(Stored data entries)
%%
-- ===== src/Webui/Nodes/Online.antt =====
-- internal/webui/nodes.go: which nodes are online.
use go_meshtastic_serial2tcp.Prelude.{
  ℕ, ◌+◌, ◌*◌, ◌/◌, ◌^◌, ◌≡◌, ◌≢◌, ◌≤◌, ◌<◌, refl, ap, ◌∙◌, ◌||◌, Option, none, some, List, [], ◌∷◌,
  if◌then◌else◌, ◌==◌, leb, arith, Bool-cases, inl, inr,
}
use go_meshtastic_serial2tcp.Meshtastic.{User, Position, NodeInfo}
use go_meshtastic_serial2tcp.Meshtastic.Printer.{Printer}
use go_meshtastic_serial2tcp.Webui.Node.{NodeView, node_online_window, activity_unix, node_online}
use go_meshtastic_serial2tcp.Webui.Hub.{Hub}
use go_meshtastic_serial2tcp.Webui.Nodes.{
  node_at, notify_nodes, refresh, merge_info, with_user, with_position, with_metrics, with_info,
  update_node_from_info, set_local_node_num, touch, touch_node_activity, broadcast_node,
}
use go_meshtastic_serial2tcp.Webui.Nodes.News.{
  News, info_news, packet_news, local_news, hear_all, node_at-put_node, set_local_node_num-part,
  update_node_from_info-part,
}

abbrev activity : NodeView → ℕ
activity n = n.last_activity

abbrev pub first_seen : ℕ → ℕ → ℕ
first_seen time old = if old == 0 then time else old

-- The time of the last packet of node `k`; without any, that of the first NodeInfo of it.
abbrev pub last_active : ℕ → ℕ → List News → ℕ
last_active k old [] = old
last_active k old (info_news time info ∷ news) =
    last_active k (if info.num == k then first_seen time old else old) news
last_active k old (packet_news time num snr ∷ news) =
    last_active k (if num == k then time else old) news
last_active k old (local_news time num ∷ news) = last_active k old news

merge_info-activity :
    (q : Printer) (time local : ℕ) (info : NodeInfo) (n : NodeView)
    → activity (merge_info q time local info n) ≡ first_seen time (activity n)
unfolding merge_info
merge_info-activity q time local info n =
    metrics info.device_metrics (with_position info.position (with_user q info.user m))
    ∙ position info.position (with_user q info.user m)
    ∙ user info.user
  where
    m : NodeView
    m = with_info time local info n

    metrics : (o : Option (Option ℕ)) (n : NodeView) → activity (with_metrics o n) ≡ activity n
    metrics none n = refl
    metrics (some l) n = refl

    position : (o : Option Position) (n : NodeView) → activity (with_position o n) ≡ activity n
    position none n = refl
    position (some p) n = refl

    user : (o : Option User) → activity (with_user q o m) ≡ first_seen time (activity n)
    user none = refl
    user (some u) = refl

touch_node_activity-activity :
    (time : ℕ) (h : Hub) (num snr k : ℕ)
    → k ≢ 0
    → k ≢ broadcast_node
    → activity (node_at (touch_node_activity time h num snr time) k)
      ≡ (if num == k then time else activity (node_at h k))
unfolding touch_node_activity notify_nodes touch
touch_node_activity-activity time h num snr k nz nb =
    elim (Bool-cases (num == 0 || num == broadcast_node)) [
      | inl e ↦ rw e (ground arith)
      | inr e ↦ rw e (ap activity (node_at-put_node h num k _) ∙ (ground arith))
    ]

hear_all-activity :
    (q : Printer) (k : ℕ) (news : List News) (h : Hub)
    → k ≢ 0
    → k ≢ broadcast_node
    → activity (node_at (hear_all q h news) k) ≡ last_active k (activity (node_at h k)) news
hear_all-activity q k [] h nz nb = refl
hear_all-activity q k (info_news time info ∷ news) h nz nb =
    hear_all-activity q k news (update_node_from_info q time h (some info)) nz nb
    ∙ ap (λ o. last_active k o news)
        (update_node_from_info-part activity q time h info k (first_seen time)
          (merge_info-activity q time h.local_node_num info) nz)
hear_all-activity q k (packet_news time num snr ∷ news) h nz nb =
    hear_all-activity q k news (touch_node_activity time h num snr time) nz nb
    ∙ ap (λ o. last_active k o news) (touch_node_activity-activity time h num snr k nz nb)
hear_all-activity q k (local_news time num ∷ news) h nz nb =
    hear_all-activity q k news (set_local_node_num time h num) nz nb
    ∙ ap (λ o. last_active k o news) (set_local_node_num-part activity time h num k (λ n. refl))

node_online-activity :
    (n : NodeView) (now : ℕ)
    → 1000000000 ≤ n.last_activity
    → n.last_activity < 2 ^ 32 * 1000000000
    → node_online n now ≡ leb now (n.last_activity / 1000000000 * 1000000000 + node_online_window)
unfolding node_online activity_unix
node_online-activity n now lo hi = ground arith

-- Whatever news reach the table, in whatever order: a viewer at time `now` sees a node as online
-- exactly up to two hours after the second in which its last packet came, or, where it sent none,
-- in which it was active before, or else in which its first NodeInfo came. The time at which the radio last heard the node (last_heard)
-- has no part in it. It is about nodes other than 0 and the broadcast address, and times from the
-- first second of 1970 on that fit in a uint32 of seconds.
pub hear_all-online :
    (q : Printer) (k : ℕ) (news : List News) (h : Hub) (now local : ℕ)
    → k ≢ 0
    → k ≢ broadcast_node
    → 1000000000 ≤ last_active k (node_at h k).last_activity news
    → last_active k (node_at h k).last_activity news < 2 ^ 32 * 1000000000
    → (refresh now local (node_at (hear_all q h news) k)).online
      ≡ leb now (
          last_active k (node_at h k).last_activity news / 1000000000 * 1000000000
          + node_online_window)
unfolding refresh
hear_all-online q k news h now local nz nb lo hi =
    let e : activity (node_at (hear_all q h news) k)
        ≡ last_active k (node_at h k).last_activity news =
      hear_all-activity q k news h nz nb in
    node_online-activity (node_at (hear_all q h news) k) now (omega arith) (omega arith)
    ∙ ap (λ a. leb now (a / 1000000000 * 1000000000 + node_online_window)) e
%%
→ What is expected: Reproduce each of the entries exactly, omitting none.

→ Response:
-- ===== src/Webui/Nodes/Online.antt =====
-- internal/webui/nodes.go: which nodes are online.
use go_meshtastic_serial2tcp.Prelude.{
  ℕ, ◌+◌, ◌*◌, ◌/◌, ◌^◌, ◌≡◌, ◌≢◌, ◌≤◌, ◌<◌, refl, ap, ◌∙◌, ◌||◌, Option, none, some, List, [], ◌∷◌,
  if◌then◌else◌, ◌==◌, leb, arith, Bool-cases, inl, inr,
}
use go_meshtastic_serial2tcp.Meshtastic.{User, Position, NodeInfo}
use go_meshtastic_serial2tcp.Meshtastic.Printer.{Printer}
use go_meshtastic_serial2tcp.Webui.Node.{NodeView, node_online_window, activity_unix, node_online}
use go_meshtastic_serial2tcp.Webui.Hub.{Hub}
use go_meshtastic_serial2tcp.Webui.Nodes.{
  node_at, notify_nodes, refresh, merge_info, with_user, with_position, with_metrics, with_info,
  update_node_from_info, set_local_node_num, touch, touch_node_activity, broadcast_node,
}
use go_meshtastic_serial2tcp.Webui.Nodes.News.{
  News, info_news, packet_news, local_news, hear_all, node_at-put_node, set_local_node_num-part,
  update_node_from_info-part,
}

abbrev activity : NodeView → ℕ
activity n = n.last_activity

abbrev pub first_seen : ℕ → ℕ → ℕ
first_seen time old = if old == 0 then time else old

-- The time of the last packet of node `k`; without any, that of the first NodeInfo of it.
abbrev pub last_active : ℕ → ℕ → List News → ℕ
last_active k old [] = old
last_active k old (info_news time info ∷ news) =
    last_active k (if info.num == k then first_seen time old else old) news
last_active k old (packet_news time num snr ∷ news) =
    last_active k (if num == k then time else old) news
last_active k old (local_news time num ∷ news) = last_active k old news

merge_info-activity :
    (q : Printer) (time local : ℕ) (info : NodeInfo) (n : NodeView)
    → activity (merge_info q time local info n) ≡ first_seen time (activity n)
unfolding merge_info
merge_info-activity q time local info n =
    metrics info.device_metrics (with_position info.position (with_user q info.user m))
    ∙ position info.position (with_user q info.user m)
    ∙ user info.user
  where
    m : NodeView
    m = with_info time local info n

    metrics : (o : Option (Option ℕ)) (n : NodeView) → activity (with_metrics o n) ≡ activity n
    metrics none n = refl
    metrics (some l) n = refl

    position : (o : Option Position) (n : NodeView) → activity (with_position o n) ≡ activity n
    position none n = refl
    position (some p) n = refl

    user : (o : Option User) → activity (with_user q o m) ≡ first_seen time (activity n)
    user none = refl
    user (some u) = refl

touch_node_activity-activity :
    (time : ℕ) (h : Hub) (num snr k : ℕ)
    → k ≢ 0
    → k ≢ broadcast_node
    → activity (node_at (touch_node_activity time h num snr time) k)
      ≡ (if num == k then time else activity (node_at h k))
unfolding touch_node_activity notify_nodes touch
touch_node_activity-activity time h num snr k nz nb =
    elim (Bool-cases (num == 0 || num == broadcast_node)) [
      | inl e ↦ rw e (ground arith)
      | inr e ↦ rw e (ap activity (node_at-put_node h num k _) ∙ (ground arith))
    ]

hear_all-activity :
    (q : Printer) (k : ℕ) (news : List News) (h : Hub)
    → k ≢ 0
    → k ≢ broadcast_node
    → activity (node_at (hear_all q h news) k) ≡ last_active k (activity (node_at h k)) news
hear_all-activity q k [] h nz nb = refl
hear_all-activity q k (info_news time info ∷ news) h nz nb =
    hear_all-activity q k news (update_node_from_info q time h (some info)) nz nb
    ∙ ap (λ o. last_active k o news)
        (update_node_from_info-part activity q time h info k (first_seen time)
          (merge_info-activity q time h.local_node_num info) nz)
hear_all-activity q k (packet_news time num snr ∷ news) h nz nb =
    hear_all-activity q k news (touch_node_activity time h num snr time) nz nb
    ∙ ap (λ o. last_active k o news) (touch_node_activity-activity time h num snr k nz nb)
hear_all-activity q k (local_news time num ∷ news) h nz nb =
    hear_all-activity q k news (set_local_node_num time h num) nz nb
    ∙ ap (λ o. last_active k o news) (set_local_node_num-part activity time h num k (λ n. refl))

node_online-activity :
    (n : NodeView) (now : ℕ)
    → 1000000000 ≤ n.last_activity
    → n.last_activity < 2 ^ 32 * 1000000000
    → node_online n now ≡ leb now (n.last_activity / 1000000000 * 1000000000 + node_online_window)
unfolding node_online activity_unix
node_online-activity n now lo hi = ground arith

-- Whatever news reach the table, in whatever order: a viewer at time `now` sees a node as online
-- exactly up to two hours after the second in which its last packet came, or, where it sent none,
-- in which it was active before, or else in which its first NodeInfo came. The time at which the radio last heard the node (last_heard)
-- has no part in it. It is about nodes other than 0 and the broadcast address, and times from the
-- first second of 1970 on that fit in a uint32 of seconds.
pub hear_all-online :
    (q : Printer) (k : ℕ) (news : List News) (h : Hub) (now local : ℕ)
    → k ≢ 0
    → k ≢ broadcast_node
    → 1000000000 ≤ last_active k (node_at h k).last_activity news
    → last_active k (node_at h k).last_activity news < 2 ^ 32 * 1000000000
    → (refresh now local (node_at (hear_all q h news) k)).online
      ≡ leb now (
          last_active k (node_at h k).last_activity news / 1000000000 * 1000000000
          + node_online_window)
unfolding refresh
hear_all-online q k news h now local nz nb lo hi =
    let e : activity (node_at (hear_all q h news) k)
        ≡ last_active k (node_at h k).last_activity news =
      hear_all-activity q k news h nz nb in
    node_online-activity (node_at (hear_all q h news) k) now (omega arith) (omega arith)
    ∙ ap (λ a. leb now (a / 1000000000 * 1000000000 + node_online_window)) e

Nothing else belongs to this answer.